__Task__
Restate all entries exactly.

Stored data
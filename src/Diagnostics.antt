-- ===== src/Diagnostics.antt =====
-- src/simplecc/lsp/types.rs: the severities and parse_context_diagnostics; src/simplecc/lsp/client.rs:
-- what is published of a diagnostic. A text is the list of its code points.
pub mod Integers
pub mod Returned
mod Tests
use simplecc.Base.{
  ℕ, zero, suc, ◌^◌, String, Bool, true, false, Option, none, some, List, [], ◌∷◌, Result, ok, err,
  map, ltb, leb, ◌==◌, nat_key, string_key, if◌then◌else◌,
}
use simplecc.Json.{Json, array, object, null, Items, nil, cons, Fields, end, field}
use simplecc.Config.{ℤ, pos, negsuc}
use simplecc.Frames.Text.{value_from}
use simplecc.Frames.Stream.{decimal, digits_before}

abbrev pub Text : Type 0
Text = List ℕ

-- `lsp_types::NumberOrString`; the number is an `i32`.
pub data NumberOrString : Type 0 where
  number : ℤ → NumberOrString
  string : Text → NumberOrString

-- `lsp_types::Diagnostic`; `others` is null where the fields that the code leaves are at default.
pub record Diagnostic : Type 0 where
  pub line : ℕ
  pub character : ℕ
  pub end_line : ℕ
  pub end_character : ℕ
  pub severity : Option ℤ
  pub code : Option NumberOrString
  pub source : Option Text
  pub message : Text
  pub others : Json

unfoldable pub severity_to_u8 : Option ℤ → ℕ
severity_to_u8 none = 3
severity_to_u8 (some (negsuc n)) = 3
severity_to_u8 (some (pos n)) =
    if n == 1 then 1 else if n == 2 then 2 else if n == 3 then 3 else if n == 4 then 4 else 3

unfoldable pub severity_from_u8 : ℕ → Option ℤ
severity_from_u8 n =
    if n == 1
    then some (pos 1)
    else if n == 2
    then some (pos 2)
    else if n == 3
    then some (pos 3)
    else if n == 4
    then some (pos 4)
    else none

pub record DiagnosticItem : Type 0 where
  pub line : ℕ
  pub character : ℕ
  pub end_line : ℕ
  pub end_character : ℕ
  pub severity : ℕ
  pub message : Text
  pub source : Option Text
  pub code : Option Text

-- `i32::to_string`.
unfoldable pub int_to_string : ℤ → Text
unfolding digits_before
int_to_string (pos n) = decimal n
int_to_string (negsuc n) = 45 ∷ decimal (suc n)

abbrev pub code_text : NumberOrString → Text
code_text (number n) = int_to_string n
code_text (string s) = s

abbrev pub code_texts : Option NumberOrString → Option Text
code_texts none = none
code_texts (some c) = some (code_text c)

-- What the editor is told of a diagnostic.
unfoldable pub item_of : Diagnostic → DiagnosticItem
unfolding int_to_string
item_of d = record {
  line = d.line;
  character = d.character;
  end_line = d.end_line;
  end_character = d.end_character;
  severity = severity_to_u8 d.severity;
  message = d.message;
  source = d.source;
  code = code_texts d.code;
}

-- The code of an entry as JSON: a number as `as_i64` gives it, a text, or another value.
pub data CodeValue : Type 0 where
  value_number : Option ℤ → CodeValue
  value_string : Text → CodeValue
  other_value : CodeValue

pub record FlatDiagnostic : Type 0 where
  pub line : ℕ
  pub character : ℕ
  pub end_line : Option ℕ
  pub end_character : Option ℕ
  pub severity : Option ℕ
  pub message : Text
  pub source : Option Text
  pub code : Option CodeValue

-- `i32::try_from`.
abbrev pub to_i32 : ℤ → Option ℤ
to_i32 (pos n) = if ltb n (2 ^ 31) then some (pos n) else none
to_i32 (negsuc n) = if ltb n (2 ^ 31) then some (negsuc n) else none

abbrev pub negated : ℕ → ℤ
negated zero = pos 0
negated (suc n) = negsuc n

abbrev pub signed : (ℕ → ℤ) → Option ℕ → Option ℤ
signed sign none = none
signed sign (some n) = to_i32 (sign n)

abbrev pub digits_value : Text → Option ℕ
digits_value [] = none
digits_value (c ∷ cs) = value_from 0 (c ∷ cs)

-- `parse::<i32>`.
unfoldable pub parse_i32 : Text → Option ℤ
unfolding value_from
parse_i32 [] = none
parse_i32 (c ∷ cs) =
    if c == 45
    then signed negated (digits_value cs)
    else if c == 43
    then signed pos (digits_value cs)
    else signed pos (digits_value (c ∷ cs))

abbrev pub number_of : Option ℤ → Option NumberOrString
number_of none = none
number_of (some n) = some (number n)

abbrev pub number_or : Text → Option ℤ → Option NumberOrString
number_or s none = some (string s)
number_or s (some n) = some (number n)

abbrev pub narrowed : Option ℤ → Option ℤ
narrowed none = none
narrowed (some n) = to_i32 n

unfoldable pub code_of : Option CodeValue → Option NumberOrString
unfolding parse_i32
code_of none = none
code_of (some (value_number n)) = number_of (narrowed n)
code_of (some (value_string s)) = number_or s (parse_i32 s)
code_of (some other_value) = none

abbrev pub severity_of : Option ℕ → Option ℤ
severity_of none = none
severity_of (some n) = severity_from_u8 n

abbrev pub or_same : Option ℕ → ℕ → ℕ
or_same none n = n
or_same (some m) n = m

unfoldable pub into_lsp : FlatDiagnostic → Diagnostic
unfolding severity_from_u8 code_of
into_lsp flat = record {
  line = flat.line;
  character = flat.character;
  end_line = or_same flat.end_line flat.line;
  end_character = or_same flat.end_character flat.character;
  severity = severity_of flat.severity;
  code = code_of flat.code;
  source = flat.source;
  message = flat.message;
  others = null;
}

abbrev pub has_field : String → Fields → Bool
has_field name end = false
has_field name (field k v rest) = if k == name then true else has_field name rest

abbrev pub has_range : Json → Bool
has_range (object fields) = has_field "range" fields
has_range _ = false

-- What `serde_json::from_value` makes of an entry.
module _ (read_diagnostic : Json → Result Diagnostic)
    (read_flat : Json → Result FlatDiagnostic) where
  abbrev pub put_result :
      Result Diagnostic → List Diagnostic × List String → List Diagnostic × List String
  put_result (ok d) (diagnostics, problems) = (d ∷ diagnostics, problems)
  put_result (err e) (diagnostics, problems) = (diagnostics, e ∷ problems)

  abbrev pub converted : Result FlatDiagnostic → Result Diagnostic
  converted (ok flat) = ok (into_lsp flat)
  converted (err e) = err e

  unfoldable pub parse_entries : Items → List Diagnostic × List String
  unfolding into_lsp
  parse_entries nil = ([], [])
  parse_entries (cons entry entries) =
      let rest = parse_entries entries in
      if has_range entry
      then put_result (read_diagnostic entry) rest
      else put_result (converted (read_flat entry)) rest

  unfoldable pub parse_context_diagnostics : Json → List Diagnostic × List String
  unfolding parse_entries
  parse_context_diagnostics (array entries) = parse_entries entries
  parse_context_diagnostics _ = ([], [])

__Result of the exercise__
filename src/Diagnostics.antt
-- ===== src/Diagnostics.antt =====
-- src/simplecc/lsp/types.rs: the severities and parse_context_diagnostics; src/simplecc/lsp/client.rs:
-- what is published of a diagnostic. A text is the list of its code points.
pub mod Integers
pub mod Returned
mod Tests
use simplecc.Base.{
  ℕ, zero, suc, ◌^◌, String, Bool, true, false, Option, none, some, List, [], ◌∷◌, Result, ok, err,
  map, ltb, leb, ◌==◌, nat_key, string_key, if◌then◌else◌,
}
use simplecc.Json.{Json, array, object, null, Items, nil, cons, Fields, end, field}
use simplecc.Config.{ℤ, pos, negsuc}
use simplecc.Frames.Text.{value_from}
use simplecc.Frames.Stream.{decimal, digits_before}

abbrev pub Text : Type 0
Text = List ℕ

-- `lsp_types::NumberOrString`; the number is an `i32`.
pub data NumberOrString : Type 0 where
  number : ℤ → NumberOrString
  string : Text → NumberOrString

-- `lsp_types::Diagnostic`; `others` is null where the fields that the code leaves are at default.
pub record Diagnostic : Type 0 where
  pub line : ℕ
  pub character : ℕ
  pub end_line : ℕ
  pub end_character : ℕ
  pub severity : Option ℤ
  pub code : Option NumberOrString
  pub source : Option Text
  pub message : Text
  pub others : Json

unfoldable pub severity_to_u8 : Option ℤ → ℕ
severity_to_u8 none = 3
severity_to_u8 (some (negsuc n)) = 3
severity_to_u8 (some (pos n)) =
    if n == 1 then 1 else if n == 2 then 2 else if n == 3 then 3 else if n == 4 then 4 else 3

unfoldable pub severity_from_u8 : ℕ → Option ℤ
severity_from_u8 n =
    if n == 1
    then some (pos 1)
    else if n == 2
    then some (pos 2)
    else if n == 3
    then some (pos 3)
    else if n == 4
    then some (pos 4)
    else none

pub record DiagnosticItem : Type 0 where
  pub line : ℕ
  pub character : ℕ
  pub end_line : ℕ
  pub end_character : ℕ
  pub severity : ℕ
  pub message : Text
  pub source : Option Text
  pub code : Option Text

-- `i32::to_string`.
unfoldable pub int_to_string : ℤ → Text
unfolding digits_before
int_to_string (pos n) = decimal n
int_to_string (negsuc n) = 45 ∷ decimal (suc n)

abbrev pub code_text : NumberOrString → Text
code_text (number n) = int_to_string n
code_text (string s) = s

abbrev pub code_texts : Option NumberOrString → Option Text
code_texts none = none
code_texts (some c) = some (code_text c)

-- What the editor is told of a diagnostic.
unfoldable pub item_of : Diagnostic → DiagnosticItem
unfolding int_to_string
item_of d = record {
  line = d.line;
  character = d.character;
  end_line = d.end_line;
  end_character = d.end_character;
  severity = severity_to_u8 d.severity;
  message = d.message;
  source = d.source;
  code = code_texts d.code;
}

-- The code of an entry as JSON: a number as `as_i64` gives it, a text, or another value.
pub data CodeValue : Type 0 where
  value_number : Option ℤ → CodeValue
  value_string : Text → CodeValue
  other_value : CodeValue

pub record FlatDiagnostic : Type 0 where
  pub line : ℕ
  pub character : ℕ
  pub end_line : Option ℕ
  pub end_character : Option ℕ
  pub severity : Option ℕ
  pub message : Text
  pub source : Option Text
  pub code : Option CodeValue

-- `i32::try_from`.
abbrev pub to_i32 : ℤ → Option ℤ
to_i32 (pos n) = if ltb n (2 ^ 31) then some (pos n) else none
to_i32 (negsuc n) = if ltb n (2 ^ 31) then some (negsuc n) else none

abbrev pub negated : ℕ → ℤ
negated zero = pos 0
negated (suc n) = negsuc n

abbrev pub signed : (ℕ → ℤ) → Option ℕ → Option ℤ
signed sign none = none
signed sign (some n) = to_i32 (sign n)

abbrev pub digits_value : Text → Option ℕ
digits_value [] = none
digits_value (c ∷ cs) = value_from 0 (c ∷ cs)

-- `parse::<i32>`.
unfoldable pub parse_i32 : Text → Option ℤ
unfolding value_from
parse_i32 [] = none
parse_i32 (c ∷ cs) =
    if c == 45
    then signed negated (digits_value cs)
    else if c == 43
    then signed pos (digits_value cs)
    else signed pos (digits_value (c ∷ cs))

abbrev pub number_of : Option ℤ → Option NumberOrString
number_of none = none
number_of (some n) = some (number n)

abbrev pub number_or : Text → Option ℤ → Option NumberOrString
number_or s none = some (string s)
number_or s (some n) = some (number n)

abbrev pub narrowed : Option ℤ → Option ℤ
narrowed none = none
narrowed (some n) = to_i32 n

unfoldable pub code_of : Option CodeValue → Option NumberOrString
unfolding parse_i32
code_of none = none
code_of (some (value_number n)) = number_of (narrowed n)
code_of (some (value_string s)) = number_or s (parse_i32 s)
code_of (some other_value) = none

abbrev pub severity_of : Option ℕ → Option ℤ
severity_of none = none
severity_of (some n) = severity_from_u8 n

abbrev pub or_same : Option ℕ → ℕ → ℕ
or_same none n = n
or_same (some m) n = m

unfoldable pub into_lsp : FlatDiagnostic → Diagnostic
unfolding severity_from_u8 code_of
into_lsp flat = record {
  line = flat.line;
  character = flat.character;
  end_line = or_same flat.end_line flat.line;
  end_character = or_same flat.end_character flat.character;
  severity = severity_of flat.severity;
  code = code_of flat.code;
  source = flat.source;
  message = flat.message;
  others = null;
}

abbrev pub has_field : String → Fields → Bool
has_field name end = false
has_field name (field k v rest) = if k == name then true else has_field name rest

abbrev pub has_range : Json → Bool
has_range (object fields) = has_field "range" fields
has_range _ = false

-- What `serde_json::from_value` makes of an entry.
module _ (read_diagnostic : Json → Result Diagnostic)
    (read_flat : Json → Result FlatDiagnostic) where
  abbrev pub put_result :
      Result Diagnostic → List Diagnostic × List String → List Diagnostic × List String
  put_result (ok d) (diagnostics, problems) = (d ∷ diagnostics, problems)
  put_result (err e) (diagnostics, problems) = (diagnostics, e ∷ problems)

  abbrev pub converted : Result FlatDiagnostic → Result Diagnostic
  converted (ok flat) = ok (into_lsp flat)
  converted (err e) = err e

  unfoldable pub parse_entries : Items → List Diagnostic × List String
  unfolding into_lsp
  parse_entries nil = ([], [])
  parse_entries (cons entry entries) =
      let rest = parse_entries entries in
      if has_range entry
      then put_result (read_diagnostic entry) rest
      else put_result (converted (read_flat entry)) rest

  unfoldable pub parse_context_diagnostics : Json → List Diagnostic × List String
  unfolding parse_entries
  parse_context_diagnostics (array entries) = parse_entries entries
  parse_context_diagnostics _ = ([], [])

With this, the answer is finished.